Learning From People: Imitation and Behavior Cloning

When Designing a Reward Is the Hard Part

In the last chapter the robot learned by trial and error: it tried things, and a reward function told it how well each try went. That works beautifully when you can write down what "good" means as a number. But think about folding a towel, wiping up a spill, or plugging in a cable. How many points is a neatly folded towel worth versus a slightly crooked one? Hand-crafting that score — and patching it so the robot can't cheat — is often harder than the task itself.

There's a friendlier alternative. You probably already know how to do the task — so just show the robot. This is the idea behind imitation learning: instead of specifying a reward and letting the robot discover the behavior the slow way, you provide examples of the behavior you want, and the robot learns to reproduce it. The broader practice of teaching a robot from examples a person provides is called learning from demonstration.

Behavior Cloning: Treat Demonstrations as Homework

The simplest way to imitate is also the most direct, and it has a name: behavior cloning. The trick is to notice that a demonstration is really a long list of paired examples. At each instant, the robot sees something — a camera image, joint angles, the gripper's state — and the human did something — move this way, close the gripper. Pair them up and you get "situation → action" cards, exactly like flashcards.

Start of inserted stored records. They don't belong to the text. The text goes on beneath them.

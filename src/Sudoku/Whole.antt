-- ===== src/Sudoku/Whole.antt =====
-- check_grid: the whole board is accepted just when every row and every column is.
use cprogramming.Prelude.{
  ℕ, zero, suc, ◌+◌, ◌≤◌, ◌<◌, ◌≡◌, ◌≢◌, ◌↔◌, refl, subst, inl, inr, arith, Bool, true, sym, false,
  ◌&&◌, ◌==◌, List, [], ◌∷◌, get_or, ℤ, pos, Bool-cases,
}
use cprogramming.Sudoku.{
  GridData, value_at, check_, check_row, check_column, check_lines, check_grid, nothing_seen,
}
use cprogramming.Sudoku.Lines.{InRange, check_values-IsNew, first_or_later}
use cprogramming.Sudoku.Board.{Sudoku}

-- Nine elements from 1 to 9, no two of them the same.
pub record IsLine (f : ℕ → ℤ) : Type 0 where
  pub ranged : (j : ℕ) → j < 9 → InRange (f j)
  pub apart : (j k : ℕ) → j < k → k < 9 → f j ≢ f k

abbrev AllZero : List ℤ → Type 0
AllZero [] = Unit {0}
AllZero (z ∷ zs) = (z ≡ pos 0) × AllZero zs

get_or-AllZero : (zs : List ℤ) (k : ℕ) → AllZero zs → get_or zs k (pos 0) ≡ pos 0
get_or-AllZero [] k h = refl
get_or-AllZero (z ∷ zs) zero h = h.0
get_or-AllZero (z ∷ zs) (suc k) h = get_or-AllZero zs k h.1

unseen_at_first : (k : ℕ) → get_or nothing_seen k (pos 0) ≡ pos 0
unseen_at_first k =
    get_or-AllZero nothing_seen k
      (refl, (refl, (refl, (refl, (refl, (refl, (refl, (refl, (refl, tt)))))))))

check_-IsLine :
    (board : Sudoku) (row_on : Bool) (n : ℕ)
    → (check_ board row_on n ≡ true) ↔ IsLine (value_at board row_on n)
unfolding check_
check_-IsLine board row_on n =
    let law = check_values-IsNew 9 nothing_seen (value_at board row_on n) 0 refl in
    (
      λ h. record {
        ranged = λ j p. (law.0 h).ranged j (omega arith) p;
        apart = λ j k p q. (law.0 h).apart j k (omega arith) p q;
      },
      λ l. law.1 (record {
        ranged = λ j p q. l.ranged j q;
        unseen = λ j p q. unseen_at_first _;
        apart = λ j k p q t. l.apart j k q t;
      }),
    )

-- Row `j` and column `j`.
abbrev pub BothLines : Sudoku → ℕ → Type 0
BothLines board j = IsLine (value_at board true j) × IsLine (value_at board false j)

abbrev passed : Bool × ℕ → Bool
passed (b, i) = b && i == 9

both_tests :
    (g : GridData) (i : ℕ)
    → ((check_column (record g { row = pos i; column = pos i })
          && check_row (record g { row = pos i; column = pos i }))
        ≡ true)
      ↔ BothLines g.board i
unfolding check_row check_column
both_tests g i = joined _ _ (check_-IsLine g.board false i) (check_-IsLine g.board true i)
  where
    joined :
        (c r : Bool) {P Q : Type 0} → (c ≡ true) ↔ P → (r ≡ true) ↔ Q → ((c && r) ≡ true) ↔ (Q × P)
    joined true r p q = (λ h. (q.0 h, p.0 refl), λ b. q.1 b.0)
    joined false r p q = (λ h. absurd (ground arith), λ b. absurd (ground (arith, p.1 b.1)))

check_lines-BothLines :
    (n i : ℕ) (g : GridData)
    → i + n ≡ 9
    → (passed (check_lines g i n) ≡ true) ↔ ((j : ℕ) → i ≤ j → j < 9 → BothLines g.board j)
unfolding check_lines
check_lines-BothLines zero i g e = (λ h j p q. absurd (omega arith), λ _. ground arith)
check_lines-BothLines (suc n) i g e =
    let later = check_lines-BothLines n (suc i) g (omega arith) in
    elim (Bool-cases (
      check_column (record g { row = pos i; column = pos i })
      && check_row (record g { row = pos i; column = pos i }))) [
        | inl both ↦ rw both (
          λ h j p q. elim (first_or_later i j p) [
            | inl s ↦ subst (BothLines g.board) (sym s) ((both_tests g i).0 both)
            | inr l ↦ later.0 h j l q
          ],
          λ all. later.1 (λ j p q. all j (omega arith) q),
        )
        | inr not_both ↦ rw not_both (
          λ h. absurd (ground arith),
          λ all. absurd (unequal not_both ((both_tests g i).1 (all i (omega arith) (omega arith)))),
        )
      ]
  where
    unequal : {c : Bool} → c ≡ false → c ≡ true → ⊥
    unequal p q = cc

-- check_grid accepts a board just when each of the nine rows and of the nine columns has nine
-- elements from 1 to 9, no two of them the same. It leaves the row and the column at 9, and the board
-- as it was.
pub check_grid_lem :
    (g : GridData)
    → (((check_grid g).0 ≡ true) ↔ ((j : ℕ) → j < 9 → BothLines g.board j))
      × ((check_grid g).1 ≡ record g { row = pos 9; column = pos 9 })
unfolding check_grid
check_grid_lem g =
    let law = check_lines-BothLines 9 0 g refl in
    ((λ h j q. law.0 h j (omega arith) q, λ all. law.1 (λ j p q. all j q)), refl)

Once you frame it that way, the learning problem becomes ordinary supervised learning — the same kind of pattern-matching used to label photos. The input is the situation, the "correct answer" is the action the human took, and the network is trained to predict that action. What you get out is a control policy: a function that maps any new situation to an action. No reward, no exploration — just copy what the expert did, and hope the patterns generalize to situations a little different from the ones you showed.

for each demonstration:
    for each moment t in the demonstration:
        observation = what the robot saw at t   (image, joint angles, ...)
        action      = what the human did at t   (move, grasp, ...)
        add (observation -> action) to dataset

train policy to predict action from observation   # plain supervised learning

Behavior cloning, in pseudocode: slice demonstrations into (observation, action) pairs, then train a policy to predict the action from the observation.

Where the Demonstrations Come From

A policy is only as good as the examples it learned from, so the next question is practical: how do you get hundreds of high-quality demonstrations? The most common answer is to have a person drive the robot directly. The human guides the real arm — by holding it and moving it, or by steering it with a joystick, a glove, or a matching handheld controller — while every observation and command is logged. The recordings this produces are called teleoperated demonstration data.

This is why so much modern robot learning starts with a person spending an afternoon teleoperating dozens of pick-and-place attempts, each one a fresh demonstration. The appeal is that the data is recorded on the actual robot in the actual world, so the situations and actions already "speak the robot's language" — the same cameras, the same motors. The catch is cost: a person has to sit and demonstrate, and you usually need many varied examples before the policy stops being brittle.

The Drift Problem: Small Mistakes Snowball

Behavior cloning has one famous weakness, and it's worth understanding before you trust a cloned policy. During training, the robot only ever saw situations the human visited — and a skilled human stays on a tidy path. But when the policy runs on its own, it will eventually make a tiny error: it ends up a centimeter to the left of anywhere the demonstrator ever was. Now it faces a situation slightly off the demonstrated path — one it was never trained on — so its next guess is a little worse, which pushes it further off, and the errors compound.

Picture learning to drive only by watching a flawless driver who always stays dead-center in the lane. You never saw how to recover from drifting toward the shoulder — because your teacher never drifted. The moment you wander, you're lost, and each correction is a fresh guess that may make things worse. This compounding is the core risk of pure behavior cloning: the robot can drift into states no human ever showed it, where it has no idea what to do.

The fixes all aim at the same target: show the robot how to recover. You can deliberately demonstrate corrections from off-path situations; you can let the policy run and have a human take over whenever it starts to drift, so its own mistakes get labeled with the right fix; or you can fall back on a reward signal to keep practicing in the regions cloning never covered. Done well, reward shaping and imitation reinforce each other — demonstrations give a strong head start, and reward fills in the gaps.